ACTIVITY: As you look over the data below, please find each line where the word "Bool" appears, then copy it.

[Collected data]
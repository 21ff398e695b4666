-- ===== src/Prompt/Keys.antt =====
-- Each key of prompt.c keeps the invariant of the line editor.
use app_c_platform.Base.{
  ℕ, ◌+◌, ◌≤◌, inl, inr, Bool, List, [], ◌∷◌, ◌++◌, Option, none, some, ltb, if◌then◌else◌, length,
  take, drop, add64, arith, refl, sym, ap, subst, add64-eq, lt→ltb, le→ltb, length-take,
  length-drop, length-append,
}
use native.Mathlib.Decide.{dec_lt}
use mathlib.Core.Option.{none-ne-some}
use app_c_platform.Hashtable.Store.{until_nul}
use app_c_platform.PromptEdit.{
  Resolved, Ensured, ensured, short, endless, utf8_prev_boundary, utf8_next_boundary,
}
use app_c_platform.PromptEdit.Laws.{
  ensure_capacity_lem, utf8_prev_boundary_lt, utf8_next_boundary_range,
}
use app_c_platform.Prompt.{
  Prompt, history_add, set_context, Key, char, enter, backspace, delete, left, right, up, down,
  home, to_end, clear, no_change, insert_char, erase_before, erase_after, press,
}
use app_c_platform.Prompt.Valid.{
  IsResolved, IsLine, IsPrompt, NoNul-append, NoNul-take, NoNul-drop, until_nul_same,
  set_context-IsPrompt, history_add-IsContext,
}
use app_c_platform.Prompt.History.{
  Stays, put_line-IsPrompt, grown-IsPrompt, up-Stays, down-Stays, moved-IsContext,
}

-- The bytes of `KEY_CHAR` are no control bytes.
abbrev pub IsKey : Key → Type 0
IsKey (char ch) = 0x20 ≤ ch
IsKey _ = Unit

module _ (l : Resolved) (limits : IsResolved l) where
  insert-Stays :
      (p : Prompt) (ch : ℕ) (grants : Bool)
      → IsPrompt l p
      → 0x20 ≤ ch
      → Stays l limits (insert_char l p ch grants)
  unfolding insert_char
  insert-Stays p ch grants v h =
      let text : List ℕ = take p.cursor p.edit_buf ++ (ch ∷ drop p.cursor p.edit_buf) in
      let wrap =
        add64-eq (length p.edit_buf) 2 (omega (arith, v.edited.fits, v.cap_le, limits.few_bytes)) in
      let on : Ensured → Option Prompt = λ e. elim e [
        | ensured new_cap ↦
            some (record p { edit_cap = new_cap; edit_buf = text; cursor = p.cursor + 1 })
        | short ↦ some p
        | endless ↦ none
      ] in
      let size = length-append (take p.cursor p.edit_buf) (ch ∷ drop p.cursor p.edit_buf) in
      let before = length-take p.cursor p.edit_buf in
      let behind = length-drop p.cursor p.edit_buf in
      elim (ensure_capacity_lem grants p.edit_cap l.max_bytes (add64 (length p.edit_buf) 2)
        v.cap_le) [
          | inl (c, e, a, b, m) ↦
              let w = grown-IsPrompt l limits p c v b m in
              (
                record p { edit_cap = c; edit_buf = text; cursor = p.cursor + 1 },
                ap on e,
                record {
                  edited = record {
                    fits = omega (arith, wrap, size, before, behind, v.in_line);
                    no_nul =
                        NoNul-append (take p.cursor p.edit_buf) (ch ∷ drop p.cursor p.edit_buf)
                          (NoNul-take p.cursor p.edit_buf v.edited.no_nul)
                          ((λ z. omega arith), NoNul-drop p.cursor p.edit_buf v.edited.no_nul);
                  };
                  cap_ge = w.cap_ge;
                  cap_le = m;
                  in_line = omega (arith, size, before, behind, v.in_line);
                  context = w.context;
                },
              )
          | inr (e, a, b) ↦ (p, ap on e, v)
        ]

  -- Bytes are taken out of the line, and the cursor stays in it.
  cut_out :
      (p : Prompt) (a b c : ℕ)
      → IsPrompt l p
      → a ≤ b
      → b ≤ length p.edit_buf
      → c ≤ a
      → IsPrompt l (record p { edit_buf = take a p.edit_buf ++ drop b p.edit_buf; cursor = c })
  cut_out p a b c v h k m =
      let size = length-append (take a p.edit_buf) (drop b p.edit_buf) in
      let before = length-take a p.edit_buf in
      let behind = length-drop b p.edit_buf in
      record {
        edited = record {
          fits = omega (arith, size, before, behind, v.edited.fits);
          no_nul =
              NoNul-append (take a p.edit_buf) (drop b p.edit_buf)
                (NoNul-take a p.edit_buf v.edited.no_nul) (NoNul-drop b p.edit_buf v.edited.no_nul);
        };
        cap_ge = v.cap_ge;
        cap_le = v.cap_le;
        in_line = omega (arith, size, before, behind);
        context = v.context;
      }

  erase_before-IsPrompt : (p : Prompt) → IsPrompt l p → IsPrompt l (erase_before p)
  unfolding erase_before
  erase_before-IsPrompt p v = elim (dec_lt 0 p.cursor) [
    | yes h ↦
        let prev = utf8_prev_boundary p.edit_buf p.cursor in
        rw (lt→ltb 0 p.cursor h) (
          cut_out p prev p.cursor prev v
            (omega (arith, utf8_prev_boundary_lt p.edit_buf p.cursor h)) v.in_line (omega arith))
    | no h ↦ rw (le→ltb 0 p.cursor (omega arith)) v
  ]

  erase_after-IsPrompt : (p : Prompt) → IsPrompt l p → IsPrompt l (erase_after p)
  unfolding erase_after
  erase_after-IsPrompt p v = elim (dec_lt p.cursor (length p.edit_buf)) [
    | yes h ↦
        let next = utf8_next_boundary p.edit_buf (length p.edit_buf) p.cursor in
        let (a, b) = utf8_next_boundary_range p.edit_buf (length p.edit_buf) p.cursor h in
        rw (lt→ltb p.cursor (length p.edit_buf) h)
          (cut_out p p.cursor next p.cursor v (omega arith) b (omega arith))
    | no h ↦ rw (le→ltb p.cursor (length p.edit_buf) (omega arith)) v
  ]

  -- The cursor moves within the line.
  at_cursor :
      (p : Prompt) (c : ℕ)
      → IsPrompt l p
      → c ≤ length p.edit_buf
      → IsPrompt l (record p { cursor = c })
  at_cursor p c v h = record {
    edited = v.edited;
    cap_ge = v.cap_ge;
    cap_le = v.cap_le;
    in_line = h;
    context = v.context;
  }

  left-IsPrompt :
      (p : Prompt)
      → IsPrompt l p
      → IsPrompt l (
          if ltb 0 p.cursor
          then record p { cursor = utf8_prev_boundary p.edit_buf p.cursor }
          else p)
  left-IsPrompt p v = elim (dec_lt 0 p.cursor) [
    | yes h ↦ rw (lt→ltb 0 p.cursor h) (
        at_cursor p (utf8_prev_boundary p.edit_buf p.cursor) v
          (omega (arith, utf8_prev_boundary_lt p.edit_buf p.cursor h, v.in_line)))
    | no h ↦ rw (le→ltb 0 p.cursor (omega arith)) v
  ]

  right-IsPrompt :
      (p : Prompt)
      → IsPrompt l p
      → IsPrompt l (
          if ltb p.cursor (length p.edit_buf)
          then record p { cursor = utf8_next_boundary p.edit_buf (length p.edit_buf) p.cursor }
          else p)
  right-IsPrompt p v = elim (dec_lt p.cursor (length p.edit_buf)) [
    | yes h ↦
        let (a, b) = utf8_next_boundary_range p.edit_buf (length p.edit_buf) p.cursor h in
        rw (lt→ltb p.cursor (length p.edit_buf) h)
          (at_cursor p (utf8_next_boundary p.edit_buf (length p.edit_buf) p.cursor) v b)
    | no h ↦ rw (le→ltb p.cursor (length p.edit_buf) (omega arith)) v
  ]

  enter-IsPrompt :
      (p : Prompt) (site : ℕ) (grants : Bool)
      → IsPrompt l p
      → IsPrompt l (
          if ltb 0 (length p.edit_buf)
          then set_context p site (history_add l (p.contexts site) (until_nul p.edit_buf) grants)
          else p)
  enter-IsPrompt p site grants v = elim (dec_lt 0 (length p.edit_buf)) [
    | yes h ↦
        let line = until_nul p.edit_buf in
        rw (lt→ltb 0 (length p.edit_buf) h) (
          set_context-IsPrompt l limits p site (history_add l (p.contexts site) line grants) v (
            history_add-IsContext l limits p.edit_cap (p.contexts site) line grants (v.context site)
              (subst (IsLine p.edit_cap) (sym (until_nul_same p.edit_buf v.edited.no_nul))
                v.edited)))
    | no h ↦ rw (le→ltb 0 (length p.edit_buf) (omega arith)) v
  ]

  -- The line is emptied, and the history is no longer browsed.
  pub emptied-IsPrompt :
      (p : Prompt) (site : ℕ)
      → IsPrompt l p
      → IsPrompt l (record (set_context p site (record (p.contexts site) { browse_idx = none })) {
        edit_buf = [];
        cursor = 0;
      })
  emptied-IsPrompt p site v =
      let ctx = p.contexts site in
      put_line-IsPrompt l limits (set_context p site (record ctx { browse_idx = none })) []
        (set_context-IsPrompt l limits p site (record ctx { browse_idx = none }) v
          (moved-IsContext l limits p.edit_cap ctx none (v.context site)
            (λ i e. absurd (none-ne-some i e))))
        (record { fits = omega (arith, v.cap_ge); no_nul = tt })

  -- Each key comes back, with the invariant.
  pub press-Stays :
      (p : Prompt) (site : ℕ) (key : Key) (grants : Bool)
      → IsPrompt l p
      → IsKey key
      → Stays l limits (press l p site key grants)
  unfolding press
  press-Stays p site (char ch) grants v h = insert-Stays p ch grants v h
  press-Stays p site enter grants v h = (_, refl, enter-IsPrompt p site grants v)
  press-Stays p site backspace grants v h = (_, refl, erase_before-IsPrompt p v)
  press-Stays p site delete grants v h = (_, refl, erase_after-IsPrompt p v)
  press-Stays p site left grants v h = (_, refl, left-IsPrompt p v)
  press-Stays p site right grants v h = (_, refl, right-IsPrompt p v)
  press-Stays p site up grants v h = up-Stays l limits p site grants v
  press-Stays p site down grants v h = down-Stays l limits p site grants v
  press-Stays p site home grants v h = (_, refl, at_cursor p 0 v (omega arith))
  press-Stays p site to_end grants v h = (_, refl, at_cursor p (length p.edit_buf) v (omega arith))
  press-Stays p site clear grants v h = (_, refl, emptied-IsPrompt p site v)
  press-Stays p site no_change grants v h = (_, refl, v)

EXPECTED OUTPUT:
  ℕ, ◌+◌, ◌≤◌, inl, inr, Bool, List, [], ◌∷◌, ◌++◌, Option, none, some, ltb, if◌then◌else◌, length,
      (p : Prompt) (ch : ℕ) (grants : Bool)
      (p : Prompt) (site : ℕ) (grants : Bool)
      (p : Prompt) (site : ℕ) (key : Key) (grants : Bool)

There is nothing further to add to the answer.